Pascal H G Duijf1, Nikolaus Schultz, Robert Benezra.   

Abstract

Genetic and genomic aberrations are the primary cause of cancer. Chromosome missegregation leads to aneuploidy and provides cancer cells with a mechanism to lose tumor suppressor loci and gain extra copies of oncogenes. Using cytogenetic and array-based comparative genomic hybridization data, we analyzed numerical chromosome aneuploidy in 43,205 human tumors and found that 68% of solid tumors are aneuploid. In solid tumors, almost all chromosomes are more frequently lost than gained with chromosomes 7, 12 and 20 being the only exceptions with more frequent gains.

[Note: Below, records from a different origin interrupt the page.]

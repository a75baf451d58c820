-- ===== src/Book/Matching/Consume.antt =====
-- What price-time priority means: a taker meets the orders of the other side one after another, from
-- the best price on and oldest first, until it is filled or the next price is not acceptable.
use hermes_orderbook.Prelude.{◌||◌, List, [], ◌∷◌, ◌==◌, leb, if◌then◌else◌}
use hermes_orderbook.Core.Order.{Order}
use hermes_orderbook.Book.State.{Book}
use hermes_orderbook.Book.Matching.{stops}
use hermes_orderbook.Book.Matching.Round.{less, logged}

-- The taker and what it leaves of the queue.
unfoldable pub consume : Order → List Order → Order × List Order
consume taker [] = (taker, [])
consume taker (maker ∷ queue) =
    let next = consume (less maker.remaining_quantity taker) queue in
    if taker.remaining_quantity == 0 || stops taker maker
    then (taker, maker ∷ queue)
    else if leb maker.remaining_quantity taker.remaining_quantity
    then next
    else (less taker.remaining_quantity taker, less taker.remaining_quantity maker ∷ queue)

-- The deals on the way: the taker and the maker as they meet.
unfoldable pub deals : Order → List Order → List (Order × Order)
deals taker [] = []
deals taker (maker ∷ queue) =
    let next = deals (less maker.remaining_quantity taker) queue in
    if taker.remaining_quantity == 0 || stops taker maker
    then []
    else if leb maker.remaining_quantity taker.remaining_quantity
    then (taker, maker) ∷ next
    else (taker, maker) ∷ []

-- The records of the deals.
unfoldable pub log_deals : List (Order × Order) → Book → Book
log_deals [] b = b
log_deals ((taker, maker) ∷ ds) b = log_deals ds (logged taker maker b)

Strikingly, small chromosomes are lost more readily than large ones, but no such inverse size correlation is observed with chromosome gains. Because of increasing levels of proteotoxic stress, chromosome gains have been shown to slow cell proliferation in a manner proportional to the number of extra gene copies gained. However, we find that the extra chromosome in trisomic tumors does not preferentially have a low gene copy number, suggesting that a proteotoxicity-mediated proliferation barrier is not sustained during tumor progression. Paradoxically, despite a bias toward chromosome loss, gains of chromosomes are a poor prognostic marker in ovarian adenocarcinomas. In addition, we find that solid and non-solid cancers have markedly distinct whole-chromosome aneuploidy signatures, which may underlie their fundamentally different etiologies. Finally, preferential chromosome loss is observed in both early and late stages of astrocytoma. Our results open up new avenues of enquiry into the role and nature of whole-chromosome aneuploidy in human tumors and will redirect modeling and genetic targeting efforts in patients.
Copyright © 2012 UICC.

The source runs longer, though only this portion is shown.